> **Exercise aim**
Using the listing below, set down each line from the line containing "op (suc x /" through the line containing "pub bit_or-add : (k", both ends included, exactly and with nothing added.

> **Dataset records**
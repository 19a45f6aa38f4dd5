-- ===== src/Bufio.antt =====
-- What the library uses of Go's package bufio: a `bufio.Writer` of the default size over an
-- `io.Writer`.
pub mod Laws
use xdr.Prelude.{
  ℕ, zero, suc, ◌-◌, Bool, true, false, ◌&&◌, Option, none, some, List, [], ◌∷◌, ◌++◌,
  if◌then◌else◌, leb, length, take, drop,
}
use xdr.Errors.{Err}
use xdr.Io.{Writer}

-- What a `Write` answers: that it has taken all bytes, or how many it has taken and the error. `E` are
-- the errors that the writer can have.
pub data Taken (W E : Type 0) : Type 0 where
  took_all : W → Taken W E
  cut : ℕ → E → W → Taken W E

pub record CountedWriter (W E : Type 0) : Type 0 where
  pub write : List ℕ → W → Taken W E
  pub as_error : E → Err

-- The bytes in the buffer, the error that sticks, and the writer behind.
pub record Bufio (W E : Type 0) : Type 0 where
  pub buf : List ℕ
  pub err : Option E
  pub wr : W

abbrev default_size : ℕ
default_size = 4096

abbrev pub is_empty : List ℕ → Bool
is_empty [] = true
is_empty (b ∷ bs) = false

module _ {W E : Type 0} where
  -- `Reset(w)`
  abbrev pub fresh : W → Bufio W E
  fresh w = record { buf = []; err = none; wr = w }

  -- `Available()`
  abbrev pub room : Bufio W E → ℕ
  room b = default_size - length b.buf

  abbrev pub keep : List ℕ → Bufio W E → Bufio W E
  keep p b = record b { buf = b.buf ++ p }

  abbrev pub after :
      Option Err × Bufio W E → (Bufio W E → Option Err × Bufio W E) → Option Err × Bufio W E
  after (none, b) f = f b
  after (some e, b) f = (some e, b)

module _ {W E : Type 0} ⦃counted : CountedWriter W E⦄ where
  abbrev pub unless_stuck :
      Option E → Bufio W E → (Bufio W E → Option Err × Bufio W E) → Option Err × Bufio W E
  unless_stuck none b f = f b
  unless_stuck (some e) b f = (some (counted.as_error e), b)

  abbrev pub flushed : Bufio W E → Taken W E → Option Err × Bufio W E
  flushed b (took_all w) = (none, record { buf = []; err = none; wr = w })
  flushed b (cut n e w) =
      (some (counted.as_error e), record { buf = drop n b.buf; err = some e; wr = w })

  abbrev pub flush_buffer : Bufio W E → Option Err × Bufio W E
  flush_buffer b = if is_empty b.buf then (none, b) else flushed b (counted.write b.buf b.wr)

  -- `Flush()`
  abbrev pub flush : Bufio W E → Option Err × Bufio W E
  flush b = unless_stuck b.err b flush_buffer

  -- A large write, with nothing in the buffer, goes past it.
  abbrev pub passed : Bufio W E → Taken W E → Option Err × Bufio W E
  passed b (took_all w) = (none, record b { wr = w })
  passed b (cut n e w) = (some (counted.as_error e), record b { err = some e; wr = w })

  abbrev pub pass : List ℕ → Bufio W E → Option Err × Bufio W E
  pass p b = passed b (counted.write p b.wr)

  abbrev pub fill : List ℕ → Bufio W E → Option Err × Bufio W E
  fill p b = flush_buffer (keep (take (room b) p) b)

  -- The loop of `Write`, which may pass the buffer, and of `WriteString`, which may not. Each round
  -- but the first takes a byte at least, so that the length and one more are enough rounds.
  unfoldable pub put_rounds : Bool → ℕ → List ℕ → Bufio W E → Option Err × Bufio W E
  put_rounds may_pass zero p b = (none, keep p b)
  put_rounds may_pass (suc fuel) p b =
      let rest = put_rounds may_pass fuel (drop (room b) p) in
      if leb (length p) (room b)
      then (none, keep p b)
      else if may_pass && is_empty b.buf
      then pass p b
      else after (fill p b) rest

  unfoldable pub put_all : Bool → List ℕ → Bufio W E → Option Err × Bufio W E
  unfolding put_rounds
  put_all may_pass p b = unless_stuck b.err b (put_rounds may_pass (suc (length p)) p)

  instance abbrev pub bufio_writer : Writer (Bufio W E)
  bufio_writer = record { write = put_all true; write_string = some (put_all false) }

---

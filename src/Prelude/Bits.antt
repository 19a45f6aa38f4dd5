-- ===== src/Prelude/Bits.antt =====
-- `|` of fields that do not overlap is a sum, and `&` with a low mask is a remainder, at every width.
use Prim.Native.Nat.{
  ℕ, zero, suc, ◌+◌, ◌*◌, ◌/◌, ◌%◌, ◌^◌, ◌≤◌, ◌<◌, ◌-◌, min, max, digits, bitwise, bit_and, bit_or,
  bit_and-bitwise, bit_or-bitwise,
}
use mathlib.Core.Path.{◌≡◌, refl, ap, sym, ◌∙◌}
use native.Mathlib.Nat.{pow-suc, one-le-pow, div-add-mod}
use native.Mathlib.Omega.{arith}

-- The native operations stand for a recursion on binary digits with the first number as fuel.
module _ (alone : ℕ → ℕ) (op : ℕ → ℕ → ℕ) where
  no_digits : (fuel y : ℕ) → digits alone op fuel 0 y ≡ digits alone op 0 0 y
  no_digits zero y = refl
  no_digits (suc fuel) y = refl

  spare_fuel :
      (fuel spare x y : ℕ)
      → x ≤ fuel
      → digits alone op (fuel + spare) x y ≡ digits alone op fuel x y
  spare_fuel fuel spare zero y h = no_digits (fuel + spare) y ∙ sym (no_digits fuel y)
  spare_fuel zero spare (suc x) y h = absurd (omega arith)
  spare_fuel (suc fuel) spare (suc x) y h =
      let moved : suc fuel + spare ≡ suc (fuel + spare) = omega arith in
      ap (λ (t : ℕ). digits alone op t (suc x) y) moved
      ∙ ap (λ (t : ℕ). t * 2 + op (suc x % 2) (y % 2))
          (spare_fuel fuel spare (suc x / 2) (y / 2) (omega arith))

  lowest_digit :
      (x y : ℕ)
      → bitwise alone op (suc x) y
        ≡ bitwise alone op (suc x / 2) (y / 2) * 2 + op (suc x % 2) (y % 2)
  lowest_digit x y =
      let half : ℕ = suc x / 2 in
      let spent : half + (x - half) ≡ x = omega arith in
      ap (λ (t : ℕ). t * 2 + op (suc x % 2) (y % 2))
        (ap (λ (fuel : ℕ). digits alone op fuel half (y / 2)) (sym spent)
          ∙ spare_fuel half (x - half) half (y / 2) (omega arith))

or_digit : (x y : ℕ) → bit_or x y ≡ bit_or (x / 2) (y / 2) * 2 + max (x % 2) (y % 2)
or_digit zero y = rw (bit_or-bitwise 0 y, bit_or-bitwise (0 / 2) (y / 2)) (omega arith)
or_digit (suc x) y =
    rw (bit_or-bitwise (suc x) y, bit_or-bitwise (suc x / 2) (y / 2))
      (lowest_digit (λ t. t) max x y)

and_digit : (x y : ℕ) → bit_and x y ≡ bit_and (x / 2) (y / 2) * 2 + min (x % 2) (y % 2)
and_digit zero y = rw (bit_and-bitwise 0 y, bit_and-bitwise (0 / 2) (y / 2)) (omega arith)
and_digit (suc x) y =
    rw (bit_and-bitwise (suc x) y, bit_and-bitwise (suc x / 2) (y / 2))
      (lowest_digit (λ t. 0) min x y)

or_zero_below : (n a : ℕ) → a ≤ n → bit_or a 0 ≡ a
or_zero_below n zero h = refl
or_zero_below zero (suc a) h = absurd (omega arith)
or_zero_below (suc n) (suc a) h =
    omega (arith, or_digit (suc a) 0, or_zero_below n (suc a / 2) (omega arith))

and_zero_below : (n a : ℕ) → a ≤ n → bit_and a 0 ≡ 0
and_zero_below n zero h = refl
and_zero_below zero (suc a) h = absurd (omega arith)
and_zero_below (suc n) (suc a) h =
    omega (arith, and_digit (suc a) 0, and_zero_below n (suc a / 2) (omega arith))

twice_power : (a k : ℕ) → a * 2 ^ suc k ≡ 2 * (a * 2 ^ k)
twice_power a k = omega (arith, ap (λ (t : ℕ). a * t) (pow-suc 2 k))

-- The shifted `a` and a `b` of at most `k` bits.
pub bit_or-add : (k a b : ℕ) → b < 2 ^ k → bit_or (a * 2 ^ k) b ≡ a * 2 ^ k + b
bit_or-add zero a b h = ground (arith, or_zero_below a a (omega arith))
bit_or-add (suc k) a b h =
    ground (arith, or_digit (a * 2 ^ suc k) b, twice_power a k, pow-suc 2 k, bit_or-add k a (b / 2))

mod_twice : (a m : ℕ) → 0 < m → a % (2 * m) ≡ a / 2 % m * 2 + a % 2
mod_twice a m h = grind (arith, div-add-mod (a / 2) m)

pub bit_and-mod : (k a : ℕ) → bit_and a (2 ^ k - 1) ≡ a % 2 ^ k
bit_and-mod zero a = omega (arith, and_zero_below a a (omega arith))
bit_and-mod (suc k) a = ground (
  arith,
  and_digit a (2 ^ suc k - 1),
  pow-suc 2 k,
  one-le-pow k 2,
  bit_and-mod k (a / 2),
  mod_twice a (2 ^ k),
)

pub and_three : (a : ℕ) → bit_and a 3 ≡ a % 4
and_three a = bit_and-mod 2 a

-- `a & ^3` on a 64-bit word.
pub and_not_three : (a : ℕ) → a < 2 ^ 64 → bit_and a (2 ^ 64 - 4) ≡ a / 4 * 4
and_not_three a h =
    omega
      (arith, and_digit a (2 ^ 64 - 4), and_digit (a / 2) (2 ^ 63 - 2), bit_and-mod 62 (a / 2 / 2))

> **Output of the task**
        ≡ bitwise alone op (suc x / 2) (y / 2) * 2 + op (suc x % 2) (y % 2)
  lowest_digit x y =
      let half : ℕ = suc x / 2 in
      let spent : half + (x - half) ≡ x = omega arith in
      ap (λ (t : ℕ). t * 2 + op (suc x % 2) (y % 2))
        (ap (λ (fuel : ℕ). digits alone op fuel half (y / 2)) (sym spent)
          ∙ spare_fuel half (x - half) half (y / 2) (omega arith))

or_digit : (x y : ℕ) → bit_or x y ≡ bit_or (x / 2) (y / 2) * 2 + max (x % 2) (y % 2)
or_digit zero y = rw (bit_or-bitwise 0 y, bit_or-bitwise (0 / 2) (y / 2)) (omega arith)
or_digit (suc x) y =
    rw (bit_or-bitwise (suc x) y, bit_or-bitwise (suc x / 2) (y / 2))
      (lowest_digit (λ t. t) max x y)

and_digit : (x y : ℕ) → bit_and x y ≡ bit_and (x / 2) (y / 2) * 2 + min (x % 2) (y % 2)
and_digit zero y = rw (bit_and-bitwise 0 y, bit_and-bitwise (0 / 2) (y / 2)) (omega arith)
and_digit (suc x) y =
    rw (bit_and-bitwise (suc x) y, bit_and-bitwise (suc x / 2) (y / 2))
      (lowest_digit (λ t. 0) min x y)

or_zero_below : (n a : ℕ) → a ≤ n → bit_or a 0 ≡ a
or_zero_below n zero h = refl
or_zero_below zero (suc a) h = absurd (omega arith)
or_zero_below (suc n) (suc a) h =
    omega (arith, or_digit (suc a) 0, or_zero_below n (suc a / 2) (omega arith))

and_zero_below : (n a : ℕ) → a ≤ n → bit_and a 0 ≡ 0
and_zero_below n zero h = refl
and_zero_below zero (suc a) h = absurd (omega arith)
and_zero_below (suc n) (suc a) h =
    omega (arith, and_digit (suc a) 0, and_zero_below n (suc a / 2) (omega arith))

twice_power : (a k : ℕ) → a * 2 ^ suc k ≡ 2 * (a * 2 ^ k)
twice_power a k = omega (arith, ap (λ (t : ℕ). a * t) (pow-suc 2 k))

-- The shifted `a` and a `b` of at most `k` bits.
pub bit_or-add : (k a b : ℕ) → b < 2 ^ k → bit_or (a * 2 ^ k) b ≡ a * 2 ^ k + b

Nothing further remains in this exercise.